(Collected data entries)
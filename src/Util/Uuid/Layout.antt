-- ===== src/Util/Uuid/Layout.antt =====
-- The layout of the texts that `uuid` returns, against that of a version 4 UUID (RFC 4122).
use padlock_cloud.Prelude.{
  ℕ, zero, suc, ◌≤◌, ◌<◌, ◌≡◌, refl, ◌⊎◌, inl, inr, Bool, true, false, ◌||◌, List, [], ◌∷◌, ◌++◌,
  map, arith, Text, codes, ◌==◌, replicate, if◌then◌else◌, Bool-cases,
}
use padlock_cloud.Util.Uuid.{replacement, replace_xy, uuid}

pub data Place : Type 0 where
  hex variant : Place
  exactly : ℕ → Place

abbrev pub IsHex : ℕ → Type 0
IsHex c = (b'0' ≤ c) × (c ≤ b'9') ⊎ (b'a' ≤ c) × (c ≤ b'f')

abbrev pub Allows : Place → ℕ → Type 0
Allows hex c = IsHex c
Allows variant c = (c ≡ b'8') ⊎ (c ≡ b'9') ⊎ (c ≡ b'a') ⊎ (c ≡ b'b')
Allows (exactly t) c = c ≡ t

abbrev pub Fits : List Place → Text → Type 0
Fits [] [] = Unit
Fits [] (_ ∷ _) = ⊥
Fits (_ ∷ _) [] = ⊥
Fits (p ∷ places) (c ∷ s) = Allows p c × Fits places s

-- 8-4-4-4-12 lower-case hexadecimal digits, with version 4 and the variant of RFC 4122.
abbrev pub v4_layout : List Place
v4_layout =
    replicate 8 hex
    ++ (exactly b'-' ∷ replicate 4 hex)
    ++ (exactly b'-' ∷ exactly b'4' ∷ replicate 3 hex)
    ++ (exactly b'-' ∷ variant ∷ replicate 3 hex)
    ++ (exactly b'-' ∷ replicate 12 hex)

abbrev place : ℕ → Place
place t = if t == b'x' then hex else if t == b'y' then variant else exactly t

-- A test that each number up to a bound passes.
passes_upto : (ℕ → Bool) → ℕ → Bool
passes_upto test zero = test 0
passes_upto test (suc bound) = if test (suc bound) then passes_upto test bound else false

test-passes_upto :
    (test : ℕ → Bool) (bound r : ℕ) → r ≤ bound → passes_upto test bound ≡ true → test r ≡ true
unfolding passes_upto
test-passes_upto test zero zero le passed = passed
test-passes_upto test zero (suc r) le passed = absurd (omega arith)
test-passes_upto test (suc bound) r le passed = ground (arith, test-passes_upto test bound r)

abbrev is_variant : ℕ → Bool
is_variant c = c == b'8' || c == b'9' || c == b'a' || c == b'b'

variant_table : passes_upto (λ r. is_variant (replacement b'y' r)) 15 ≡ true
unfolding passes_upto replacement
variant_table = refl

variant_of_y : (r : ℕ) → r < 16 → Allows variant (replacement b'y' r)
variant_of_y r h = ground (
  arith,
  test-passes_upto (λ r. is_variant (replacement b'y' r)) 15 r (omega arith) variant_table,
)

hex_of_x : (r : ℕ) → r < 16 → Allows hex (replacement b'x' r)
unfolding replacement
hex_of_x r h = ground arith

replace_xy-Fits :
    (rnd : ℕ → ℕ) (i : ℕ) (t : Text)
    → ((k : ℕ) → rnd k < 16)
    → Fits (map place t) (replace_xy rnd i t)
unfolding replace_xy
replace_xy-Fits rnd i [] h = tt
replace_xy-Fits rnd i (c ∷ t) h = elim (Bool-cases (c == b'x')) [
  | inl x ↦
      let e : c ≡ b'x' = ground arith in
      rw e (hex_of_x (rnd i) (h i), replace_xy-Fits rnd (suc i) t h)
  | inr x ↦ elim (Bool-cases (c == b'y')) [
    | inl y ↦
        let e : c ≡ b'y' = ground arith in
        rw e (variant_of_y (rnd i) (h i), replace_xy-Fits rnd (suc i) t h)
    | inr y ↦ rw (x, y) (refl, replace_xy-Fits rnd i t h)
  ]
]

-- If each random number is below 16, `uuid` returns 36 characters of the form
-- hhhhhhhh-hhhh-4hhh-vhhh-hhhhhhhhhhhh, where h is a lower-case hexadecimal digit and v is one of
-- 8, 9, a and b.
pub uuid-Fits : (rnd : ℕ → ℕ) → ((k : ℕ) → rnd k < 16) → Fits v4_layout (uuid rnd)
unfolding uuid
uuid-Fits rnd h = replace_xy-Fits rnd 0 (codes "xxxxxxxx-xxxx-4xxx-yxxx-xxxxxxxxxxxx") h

...

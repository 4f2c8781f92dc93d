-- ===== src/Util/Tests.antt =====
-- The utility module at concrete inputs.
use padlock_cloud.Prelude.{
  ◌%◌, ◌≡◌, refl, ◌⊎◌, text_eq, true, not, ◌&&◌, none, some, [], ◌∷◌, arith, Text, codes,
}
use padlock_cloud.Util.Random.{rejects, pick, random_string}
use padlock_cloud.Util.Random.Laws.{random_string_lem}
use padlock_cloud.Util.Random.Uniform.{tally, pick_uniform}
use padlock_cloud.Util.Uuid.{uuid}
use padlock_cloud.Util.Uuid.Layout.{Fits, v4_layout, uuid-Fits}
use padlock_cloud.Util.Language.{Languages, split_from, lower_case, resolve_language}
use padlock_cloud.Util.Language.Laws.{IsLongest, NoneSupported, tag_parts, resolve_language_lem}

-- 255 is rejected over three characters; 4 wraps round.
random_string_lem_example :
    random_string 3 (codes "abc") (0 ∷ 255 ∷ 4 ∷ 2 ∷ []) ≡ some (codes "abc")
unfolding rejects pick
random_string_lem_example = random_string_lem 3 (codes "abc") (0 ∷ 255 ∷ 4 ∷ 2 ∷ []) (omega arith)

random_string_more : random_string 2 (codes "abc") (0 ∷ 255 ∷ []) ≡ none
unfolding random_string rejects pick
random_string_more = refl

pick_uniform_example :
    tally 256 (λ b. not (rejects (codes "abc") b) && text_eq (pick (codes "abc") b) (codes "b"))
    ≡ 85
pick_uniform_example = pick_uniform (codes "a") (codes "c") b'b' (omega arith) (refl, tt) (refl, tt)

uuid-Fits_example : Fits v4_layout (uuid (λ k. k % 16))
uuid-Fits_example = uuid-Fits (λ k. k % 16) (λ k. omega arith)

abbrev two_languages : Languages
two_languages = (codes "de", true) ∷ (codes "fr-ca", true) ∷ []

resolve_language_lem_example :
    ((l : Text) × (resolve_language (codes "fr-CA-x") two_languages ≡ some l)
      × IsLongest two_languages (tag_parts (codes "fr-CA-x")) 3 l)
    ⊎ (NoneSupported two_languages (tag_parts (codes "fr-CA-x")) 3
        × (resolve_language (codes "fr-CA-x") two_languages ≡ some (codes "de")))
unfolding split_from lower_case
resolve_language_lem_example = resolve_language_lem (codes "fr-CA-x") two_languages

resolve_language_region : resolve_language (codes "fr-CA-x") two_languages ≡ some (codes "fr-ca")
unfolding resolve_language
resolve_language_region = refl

_Assigned task_
Would you retype exactly the lines above, from the line with "inr x ↦ elim" to the line with "-- If each random", with both end lines kept and nothing more?

_Exercise answer_
  | inr x ↦ elim (Bool-cases (c == b'y')) [
    | inl y ↦
        let e : c ≡ b'y' = ground arith in
        rw e (variant_of_y (rnd i) (h i), replace_xy-Fits rnd (suc i) t h)
    | inr y ↦ rw (x, y) (refl, replace_xy-Fits rnd i t h)
  ]
]

-- If each random number is below 16, `uuid` returns 36 characters of the form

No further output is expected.